However, he added, “I personally feel we must de-canalise urea imports and open it up for private players, just as in other fertilisers where we are hardly seeing shortages or black-marketing. But this is a call that the government has to take.”

When contacted, Union Chemicals and Fertilisers Minister Anantha Kumar blamed the UPA regime for the shortfall.
“The outgoing government should have placed a tender in May. We floated one in June, which unfortunately failed. Despite that, we managed to contract record low prices of US$266-277 per tonne in subsequent tenders,” he said.

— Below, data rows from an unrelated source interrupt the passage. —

-- ===== src/Hardware/Versions/Footprint.antt =====
-- hardware.c, getHardwareVersion, getSoftwareVersion and getChassisId: the calls that they make.
use tsn.Base.{◌∷◌, refl, ℕ, List, CStr, Bool, true, false, Option, none, some}
use tsn.Runtime.{call, Trace, M, Env, Call, access, open_file, close_file, popen, pclose}
use tsn.Runtime.Containers.{Containers}
use tsn.Runtime.Always.{IsOrder, Always, Steps, always_rules}
use tsn.Lldp.{Xml}
use tsn.Hardware.Versions.{
  command_output, open_contents, read_both, dmi_version, read_model, model_version, uname_version,
  or_else, both_readable, get_hardware_version, get_software_version, get_chassis_id,
}

-- The calls that read files and the output of commands.
abbrev pub reads_texts : Call → Bool
reads_texts (access path) = true
reads_texts (open_file path) = true
reads_texts close_file = true
reads_texts (popen command) = true
reads_texts pclose = true
reads_texts _ = false

-- That the readers of files and of commands keep a relation.
pub record ReadsTexts (env : Env) (lib : Containers) (R : Trace → Trace → Type 0) : Type 0 where
  pub probes : (path : CStr) (t : Trace) → R t (access path ∷ t)
  pub commands : (command : CStr) → Always R (command_output env lib command)
  pub dmi : Always R (dmi_version env lib)
  pub model : Always R (model_version env lib)

module _ (env : Env) (lib : Containers) {R : Trace → Trace → Type 0} (order : IsOrder R)
    (reads : Steps R reads_texts) where
  command_output-Always : (command : CStr) → Always R (command_output env lib command)
  unfolding command_output
  command_output-Always command = search (always_rules, reads) depth 12

  open_contents-Always : (path : CStr) → Always R (open_contents env lib path)
  unfolding open_contents
  open_contents-Always path = search (always_rules, reads) depth 12

  read_both-Always : (name version : Option (List ℕ)) → Always R (read_both env lib name version)
  unfolding read_both
  read_both-Always (some name) (some version) = search always_rules depth 12
  read_both-Always (some name) none = search always_rules
  read_both-Always none version = search always_rules

  read_model-Always : (model : Option (List ℕ)) → Always R (read_model env lib model)
  unfolding read_model
  read_model-Always none = search always_rules
  read_model-Always (some model) = search always_rules

  dmi_version-Always : Always R (dmi_version env lib)
  unfolding dmi_version
  dmi_version-Always = search (always_rules, reads, open_contents-Always, read_both-Always) depth 12

  model_version-Always : Always R (model_version env lib)
  unfolding model_version
  model_version-Always =
      search (always_rules, reads, open_contents-Always, read_model-Always) depth 12

  -- A relation that each of their calls keeps.
  pub steps-ReadsTexts : ReadsTexts env lib R
  steps-ReadsTexts = record {
    probes = λ path t. reads (access path) refl t;
    commands = command_output-Always;
    dmi = dmi_version-Always;
    model = model_version-Always;
  }

module _ (env : Env) (lib : Containers) {R : Trace → Trace → Type 0} (order : IsOrder R)
    (reads : ReadsTexts env lib R) where
  probe-Always : (path : CStr) → Always R (call env (access path))
  probe-Always path = record { at = reads.probes path }

  dmi-Always : Always R (dmi_version env lib)
  dmi-Always = reads.dmi

  model-Always : Always R (model_version env lib)
  model-Always = reads.model

  uname_version-Always : Always R (uname_version env lib)
  unfolding uname_version
  uname_version-Always = search (always_rules, reads.commands)

  or_else-Always :
      (hw_version : Option CStr) (next : M (Option CStr))
      → Always R next
      → Always R (or_else env lib hw_version next)
  unfolding or_else
  or_else-Always none next k = k
  or_else-Always (some hw_version) next k = search always_rules

  both_readable-Always : Always R (both_readable env lib)
  unfolding both_readable
  both_readable-Always = search (always_rules, reads.probes) depth 12

  pub get_hardware_version-Always : Always R (get_hardware_version env lib)
  unfolding get_hardware_version
  get_hardware_version-Always =
      search
        (
          always_rules, probe-Always, both_readable-Always, dmi-Always, model-Always,
          uname_version-Always, or_else-Always,
        )
        depth 16

  pub get_software_version-Always : Always R (get_software_version env lib)
  unfolding get_software_version
  get_software_version-Always = search (always_rules, reads.commands)

  pub get_chassis_id-Always : (xml : Xml) → Always R (get_chassis_id env lib xml)
  unfolding get_chassis_id
  get_chassis_id-Always xml = search (always_rules, reads.commands)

Kumar also attributed the shortage to the UPA government’s decision to stop extending subsidies to naphtha-based urea plants, after June 30, if they did not switch over to natural gas.

Either way, farmers are the ultimate sufferers. Cumulative urea sales during April-December 2014 — at 225.85 lt — were below the 233.79 lt for April-December 2013. In contrast, during the same period of comparison, sales were higher for di-ammonium phosphate (61.04 lt and 55.33 lt) and complex fertilisers (59.64 lt and 52.72 lt), implying no shortage in their supply.

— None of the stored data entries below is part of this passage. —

-- ===== src/Hardware/Save/Footprint.antt =====
-- hardware.c, save_hardware_chassis: the calls that it makes.
use tsn.Base.{CStr, Option, none, some}
use tsn.Runtime.{Trace, Env}
use tsn.Runtime.Containers.{Containers}
use tsn.Runtime.Always.{IsOrder, Always, Steps, always_rules}
use tsn.Lldp.{Xml}
use tsn.Interface.Save.Footprint.{writes_items, apply_or_discard-Always}
use tsn.Hardware.Versions.Footprint.{
  ReadsTexts, get_hardware_version-Always, get_software_version-Always, get_chassis_id-Always,
}
use tsn.Hardware.Save.{save_operational, save_chassis, save_hardware_chassis}

module _ (env : Env) (lib : Containers) {R : Trace → Trace → Type 0} (order : IsOrder R)
    (reads : ReadsTexts env lib R) (writes : Steps R writes_items) where
  save_operational-Always :
      (chassis_id : CStr) (hw_version sw_version : Option CStr)
      → Always R (save_operational env chassis_id hw_version sw_version)
  unfolding save_operational
  save_operational-Always chassis_id hw_version sw_version =
      search (always_rules, writes, apply_or_discard-Always) depth 16

  save_chassis-Always :
      (hw_version sw_version chassis_id : Option CStr)
      → Always R (save_chassis env hw_version sw_version chassis_id)
  unfolding save_chassis
  save_chassis-Always hw_version sw_version none = search always_rules
  save_chassis-Always hw_version sw_version (some chassis_id) =
      search (always_rules, writes, save_operational-Always) depth 16

  pub save_hardware_chassis-Always : (xml : Xml) → Always R (save_hardware_chassis env lib xml)
  unfolding save_hardware_chassis
  save_hardware_chassis-Always xml =
      search
        (
          always_rules, reads, get_hardware_version-Always, get_software_version-Always,
          get_chassis_id-Always, save_chassis-Always,
        )
        depth 12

“The urea requirement for wheat is three bags per acre, whereas 50 per cent farmers got only two bags. Even for that, they had to make two or three extra trips to the market, costing additional money and time,” said Wazir Singh, who farms 60 acres in Theri village of Haryana’s Fatehabad district.

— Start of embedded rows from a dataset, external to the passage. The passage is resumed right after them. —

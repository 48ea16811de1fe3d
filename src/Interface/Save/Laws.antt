-- ===== src/Interface/Save/Laws.antt =====
-- interface.c: in which datastore each item is set, and that the session is given back as it was.
use tsn.Base.{
  text, Bool-cases, inl, inr, Option, none, some, List, [], ◌∷◌, ◌++◌, append-nil, ◌≡◌, refl, sym,
  ap, ◌∙◌, CStr, concat_map, map, if◌then◌else◌,
}
use tsn.Runtime.{
  identityref, enumeration, str, i32, Val, Env, Trace, M, IfAddr, Datastore, operational,
  sr_apply_changes, getifaddrs, socket, siocethtool, for_each, pure, sr_set_item, u64,
}
use tsn.Runtime.Containers.{Containers}
use tsn.Runtime.Laws.{Returns, Returns-bind, Returns-mono, for_each-Writes, Writes-trans}
use tsn.Runtime.Records.{set_all, session_ds, written, Writes}
use tsn.Interface.{Interface}
use tsn.Interface.Collect.{Interfaces}
use tsn.Interface.Speed.{get_interface_speed, speed_bps}
use tsn.Interface.Save.{
  save_interface_running, save_interface_operational, interface_path, apply_or_discard, speed_round,
  set_speed, update_interfaces_speed,
}

pub apply_or_discard-Writes :
    (env : Env) (ds : Datastore) (t : Trace)
    → session_ds t ≡ ds
    → Returns (λ _ u. Writes ds [] t u) (apply_or_discard env t)
unfolding apply_or_discard
apply_or_discard-Writes env ds t h = elim (Bool-cases (env.succeeds (sr_apply_changes ∷ t))) [
  | inl e ↦ rw e (h, sym (append-nil (written t)))
  | inr e ↦ rw e (h, sym (append-nil (written t)))
]

get_interface_speed-Writes :
    (env : Env) (name : CStr) (ds : Datastore) (t : Trace)
    → session_ds t ≡ ds
    → Returns (λ _ u. Writes ds [] t u) (get_interface_speed env name t)
unfolding get_interface_speed
get_interface_speed-Writes env name ds t h = elim (Bool-cases (env.succeeds (socket ∷ t))) [
  | inr e ↦ rw e (h, sym (append-nil (written t)))
  | inl e ↦ elim (Bool-cases (env.succeeds (siocethtool name ∷ socket ∷ t))) [
    | inl r ↦ rw (e, r) (h, sym (append-nil (written t)))
    | inr r ↦ rw (e, r) (h, sym (append-nil (written t)))
  ]
]

-- The speed is set for an address whose name is one of the interfaces.
abbrev pub speed_paths : Containers → Interfaces → IfAddr → List CStr
speed_paths lib interfaces a = elim (lib.shash_find_data Interface interfaces a.ifa_name) [
  | none ↦ []
  | some _ ↦ interface_path a.ifa_name "speed" ∷ []
]

set_speed-Writes :
    (env : Env) (name : CStr) (t : Trace)
    → session_ds t ≡ operational
    → Returns
        (λ _ u. Writes operational (interface_path name "speed" ∷ []) t u)
        (set_speed env name t)
unfolding set_speed
set_speed-Writes env name t h =
    Returns-bind (λ _ u. Writes operational [] t u)
      (λ _ u. Writes operational (interface_path name "speed" ∷ []) t u)
      (get_interface_speed env name) _ t (get_interface_speed-Writes env name operational t h)
      (λ speed u (d, e).
        let set = sr_set_item (interface_path name "speed") (u64 (speed_bps speed)) in
        Returns-mono (λ _ v. Writes operational [] (set ∷ u) v)
          (λ _ v. Writes operational (interface_path name "speed" ∷ []) t v)
          (apply_or_discard env (set ∷ u))
          (λ _ v (f, g). (
            f,
            g
                ∙ append-nil _
                ∙ ap (λ l. l ++ ((session_ds u, interface_path name "speed") ∷ []))
                    (e ∙ append-nil (written t))
                ∙ ap (λ ds. written t ++ ((ds, interface_path name "speed") ∷ [])) d,
          ))
          (apply_or_discard-Writes env operational (set ∷ u) d))

speed_round-Writes :
    (env : Env) (lib : Containers) (interfaces : Interfaces) (a : IfAddr) (t : Trace)
    → session_ds t ≡ operational
    → Returns
        (λ _ u. Writes operational (speed_paths lib interfaces a) t u)
        (speed_round env lib interfaces a t)
unfolding speed_round
speed_round-Writes env lib interfaces a t h =
    go (lib.shash_find_data Interface interfaces a.ifa_name)
  where
    go :
        (found : Option Interface)
        → Returns
            (λ _ u.
              Writes operational
                (elim found [ none ↦ [] | some _ ↦ interface_path a.ifa_name "speed" ∷ [] ])
                t
                u)
            ((elim found as (λ _. M (Unit {0})) [
              | none ↦ pure tt
              | some _ ↦ set_speed env a.ifa_name
            ])
              t)
    go none = (h, sym (append-nil (written t)))
    go (some _) = set_speed-Writes env a.ifa_name t h

-- The paths of some items.
abbrev paths_of : List (CStr × Val) → List CStr
paths_of [] = []
paths_of ((path, val) ∷ items) = path ∷ paths_of items

set_all-Writes :
    (ds : Datastore) (items : List (CStr × Val)) (t : Trace)
    → session_ds t ≡ ds
    → Writes ds (paths_of items) t (set_all items t)
set_all-Writes ds [] t h = (h, sym (append-nil (written t)))
set_all-Writes ds ((path, val) ∷ items) t h =
    Writes-trans ds (path ∷ []) (paths_of items) t (sr_set_item path val ∷ t)
      (set_all items (sr_set_item path val ∷ t)) (h, ap (λ d. written t ++ ((d, path) ∷ [])) h)
      (set_all-Writes ds items (sr_set_item path val ∷ t) h)

-- What is set for an interface in the running datastore, and in the operational one.
abbrev pub running_paths : Interface → List CStr
running_paths intf = interface_path intf.name "type" ∷ []

abbrev pub operational_paths : Interface → List CStr
operational_paths intf =
    interface_path intf.name "admin-status"
    ∷ interface_path intf.name "phys-address"
    ∷ interface_path intf.name "if-index"
    ∷ interface_path intf.name "speed"
    ∷ []

-- Items that are set and applied.
set_and_apply :
    (env : Env) (ds : Datastore) (items : List (CStr × Val)) (t : Trace)
    → session_ds t ≡ ds
    → Returns (λ _ v. Writes ds (paths_of items) t v) (apply_or_discard env (set_all items t))
set_and_apply env ds items t h =
    let w = set_all-Writes ds items t h in
    Returns-mono (λ _ v. Writes ds [] (set_all items t) v) (λ _ v. Writes ds (paths_of items) t v)
      (apply_or_discard env (set_all items t))
      (λ _ v (d, e). (d, e ∙ append-nil (written (set_all items t)) ∙ w.1))
      (apply_or_discard-Writes env ds (set_all items t) w.0)

pub save_interface_running-Writes :
    (env : Env) (ds : Datastore) (intf : Interface) (t : Trace)
    → session_ds t ≡ ds
    → Returns (λ _ u. Writes ds (running_paths intf) t u) (save_interface_running env intf t)
unfolding save_interface_running
save_interface_running-Writes env ds intf t h =
    set_and_apply env ds
      ((interface_path intf.name "type", identityref (text "iana-if-type:ethernetCsmacd")) ∷ []) t h

pub save_interface_operational-Writes :
    (env : Env) (ds : Datastore) (intf : Interface) (t : Trace)
    → session_ds t ≡ ds
    → Returns
        (λ _ u. Writes ds (operational_paths intf) t u)
        (save_interface_operational env intf t)
unfolding save_interface_operational
save_interface_operational-Writes env ds intf t h =
    set_and_apply env ds
      ((interface_path intf.name "admin-status", enumeration (text "up"))
        ∷ (interface_path intf.name "phys-address", str (some intf.hw_addr))
        ∷ (interface_path intf.name "if-index", i32 intf.index)
        ∷ (interface_path intf.name "speed", u64 intf.speed)
        ∷ [])
      t h

-- If `sr_session_get_ds` tells the truth, then `update_interfaces_speed` returns with the session
-- in the datastore that it found. Where `getifaddrs` succeeds, it sets the speed for each address
-- in order whose name is an interface, each in the operational datastore, whatever fails; where it
-- fails, nothing is done.
pub update_interfaces_speed-written :
    (env : Env) (lib : Containers) (interfaces : Interfaces) (t : Trace)
    → ((u : Trace) → env.get_ds u ≡ session_ds u)
    → Returns
        (λ _ u.
          (session_ds u ≡ session_ds t)
          × (written u ≡ (
              if env.succeeds (getifaddrs ∷ t)
              then written t
                ++ map
                    (λ p. (operational, p))
                    (concat_map (speed_paths lib interfaces) (env.ifaddrs (getifaddrs ∷ t)))
              else written t)))
        (update_interfaces_speed env lib interfaces t)
unfolding update_interfaces_speed
update_interfaces_speed-written env lib interfaces t honest =
    elim (Bool-cases (env.succeeds (getifaddrs ∷ t))) [
      | inr e ↦ rw e (refl, refl)
      | inl e ↦ rw e (
          Returns-bind
            (λ _ u.
              Writes operational
                (concat_map (speed_paths lib interfaces) (env.ifaddrs (getifaddrs ∷ t))) t u)
            _ (for_each (env.ifaddrs (getifaddrs ∷ t)) (speed_round env lib interfaces)) _ _
            (for_each-Writes operational (speed_paths lib interfaces)
              (speed_round env lib interfaces) (speed_round-Writes env lib interfaces)
              (env.ifaddrs (getifaddrs ∷ t)) _ refl)
            (λ _ u (d, k). (honest _, k)))
    ]
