-- ===== src/Hardware/Texts/Laws.antt =====
-- hardware.c: the chassis's id is the first that the document gives.
use tsn.Base.{
  ap, ◌∙◌, ◌≤◌, ◌<◌, arith, zero, suc, length, drop, true, false, ℕ, All, is_space, skip_spaces,
  strstr, text, starts_with-append, Option, none, some, List, [], ◌∷◌, ◌++◌, ◌≡◌, refl, CStr,
  Bool-cases, inl, inr, if◌then◌else◌,
}
use tsn.Runtime.Containers.{Containers}
use tsn.Lldp.{Xml}
use tsn.Lldp.Props.{is_named}
use tsn.Hardware.Texts.{
  is_mac_id, id_loop, chassis_loop, found_or, is_crlf, trim_line_crlf, description_of, described,
  find_chassis_id, trim_loop, read_trimmed,
}

module _ (xml : Xml) where
  -- The contents of the ids that hold a MAC address, among the children of a chassis.
  unfoldable pub mac_ids : List xml.Node → List CStr
  mac_ids [] = []
  mac_ids (n ∷ ns) = if is_mac_id xml n then xml.content n ∷ mac_ids ns else mac_ids ns

  -- The same of all the chassis among the children of the root.
  unfoldable pub all_mac_ids : List xml.Node → List CStr
  unfolding mac_ids
  all_mac_ids [] = []
  all_mac_ids (n ∷ ns) =
      if is_named xml "chassis" n
      then mac_ids (xml.children n) ++ all_mac_ids ns
      else all_mac_ids ns

abbrev pub first : List CStr → Option CStr
first [] = none
first (x ∷ xs) = some x

first-append : (xs ys : List CStr) → first (xs ++ ys) ≡ found_or (first xs) (first ys)
unfolding found_or
first-append [] ys = refl
first-append (x ∷ xs) ys = refl

module _ (xml : Xml) where
  id_loop-first : (ns : List xml.Node) → id_loop xml ns ≡ first (mac_ids xml ns)
  unfolding id_loop mac_ids
  id_loop-first [] = refl
  id_loop-first (n ∷ ns) = elim (Bool-cases (is_mac_id xml n)) [
    | inl e ↦ rw e
    | inr e ↦ rw (e, id_loop-first ns)
  ]

  chassis_loop-first : (ns : List xml.Node) → chassis_loop xml ns ≡ first (all_mac_ids xml ns)
  unfolding chassis_loop all_mac_ids
  chassis_loop-first [] = refl
  chassis_loop-first (n ∷ ns) = elim (Bool-cases (is_named xml "chassis" n)) [
    | inl e ↦ rw (
      e,
      chassis_loop-first ns,
      id_loop-first (xml.children n),
      first-append (mac_ids xml (xml.children n)) (all_mac_ids xml ns),
    )
    | inr e ↦ rw (e, chassis_loop-first ns)
  ]

  -- The loops with their early exit find, under a root named `local-chassis`, the content of the
  -- first id of type `mac` in the order of the document, over all chassis, and nothing if there is
  -- none. Under another root they find nothing.
  pub find_chassis_id-first :
      (root : xml.Node)
      → find_chassis_id xml (some (some root)) ≡ (
          if is_named xml "local-chassis" root
          then first (all_mac_ids xml (xml.children root))
          else none)
  unfolding find_chassis_id
  find_chassis_id-first root = rw (chassis_loop-first (xml.children root))

-- Blanks at the front are skipped.
skip_spaces-append :
    (blanks : CStr) (c : ℕ) (s : CStr)
    → All (λ b. is_space b ≡ true) blanks
    → is_space c ≡ false
    → skip_spaces (blanks ++ (c ∷ s)) ≡ c ∷ s
unfolding skip_spaces
skip_spaces-append [] c s h k = rw k
skip_spaces-append (b ∷ blanks) c s (e, h) k = rw e (skip_spaces-append blanks c s h k)

-- The line up to its end.
trim_line_crlf-append :
    (line : CStr) (c : ℕ) (rest : CStr)
    → All (λ b. is_crlf b ≡ false) line
    → is_crlf c ≡ true
    → trim_line_crlf (line ++ (c ∷ rest)) ≡ line
unfolding trim_line_crlf
trim_line_crlf-append [] c rest h k = rw k
trim_line_crlf-append (b ∷ line) c rest (e, h) k = rw (e, trim_line_crlf-append line c rest h k)

strstr-front :
    (k : ℕ) (key rest : CStr) → strstr ((k ∷ key) ++ rest) (k ∷ key) ≡ some ([], (k ∷ key) ++ rest)
unfolding strstr
strstr-front k key rest = rw (starts_with-append (k ∷ key) rest)

-- Of the line that `lsb_release -d` prints, the text `Description:`, blanks and a description that
-- begins with no blank, the function returns the description, without the end of the line and what
-- follows it.
pub description_of-line :
    (blanks : CStr) (c : ℕ) (more : CStr) (end : ℕ) (rest : CStr)
    → All (λ b. is_space b ≡ true) blanks
    → is_space c ≡ false
    → All (λ b. is_crlf b ≡ false) (c ∷ more)
    → is_crlf end ≡ true
    → description_of (text "Description:" ++ (blanks ++ ((c ∷ more) ++ (end ∷ rest))))
      ≡ some (c ∷ more)
unfolding description_of described text
description_of-line blanks c more end rest hb hc hl he =
    let line = blanks ++ ((c ∷ more) ++ (end ∷ rest)) in
    ap (λ found. described found (text "Description:" ++ line))
      (strstr-front b'D' (text "escription:") line)
    ∙ ap (λ s. some (trim_line_crlf s)) (skip_spaces-append blanks c (more ++ (end ∷ rest)) hb hc)
    ∙ ap some (trim_line_crlf-append (c ∷ more) end rest hl he)

length-drop : {A : Type 0} (n : ℕ) (xs : List A) → length (drop n xs) ≤ length xs
length-drop zero xs = omega arith
length-drop (suc n) [] = omega arith
length-drop (suc n) (x ∷ xs) = omega (arith, length-drop n xs)

-- The loop over `read` ends within its fuel: each round takes a byte at least.
trim_loop_total :
    (lib : Containers) (fuel : ℕ) (res : CStr) (file : List ℕ)
    → length file < fuel
    → (out : CStr) × (trim_loop lib fuel res file ≡ some out)
unfolding trim_loop
trim_loop_total lib zero res file h = absurd (omega arith)
trim_loop_total lib (suc fuel) res [] h = (res, refl)
trim_loop_total lib (suc fuel) res (b ∷ file) h =
    trim_loop_total lib fuel _ (drop 62 file) (omega (arith, length-drop 62 file))

pub read_trimmed_total :
    (lib : Containers) (res : CStr) (file : List ℕ)
    → (out : CStr) × (read_trimmed lib res file ≡ some out)
unfolding read_trimmed
read_trimmed_total lib res file = trim_loop_total lib (suc (length file)) res file (omega arith)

There have also been allegations of private dealers forcing “useless” pesticides or chemicals on farmers as a pre-condition for supplying urea.

“They would offer, say, 10 bags of urea at the stipulated maximum retail price, provided we also bought 5 kg of triacontanol, a so-called plant growth regulator that no scientist recommends. Effectively, it doubled the cost of urea,” said Pritam Singh, a farmer from Urlana Khurd in Madlauda tehsil of Panipat, Haryana.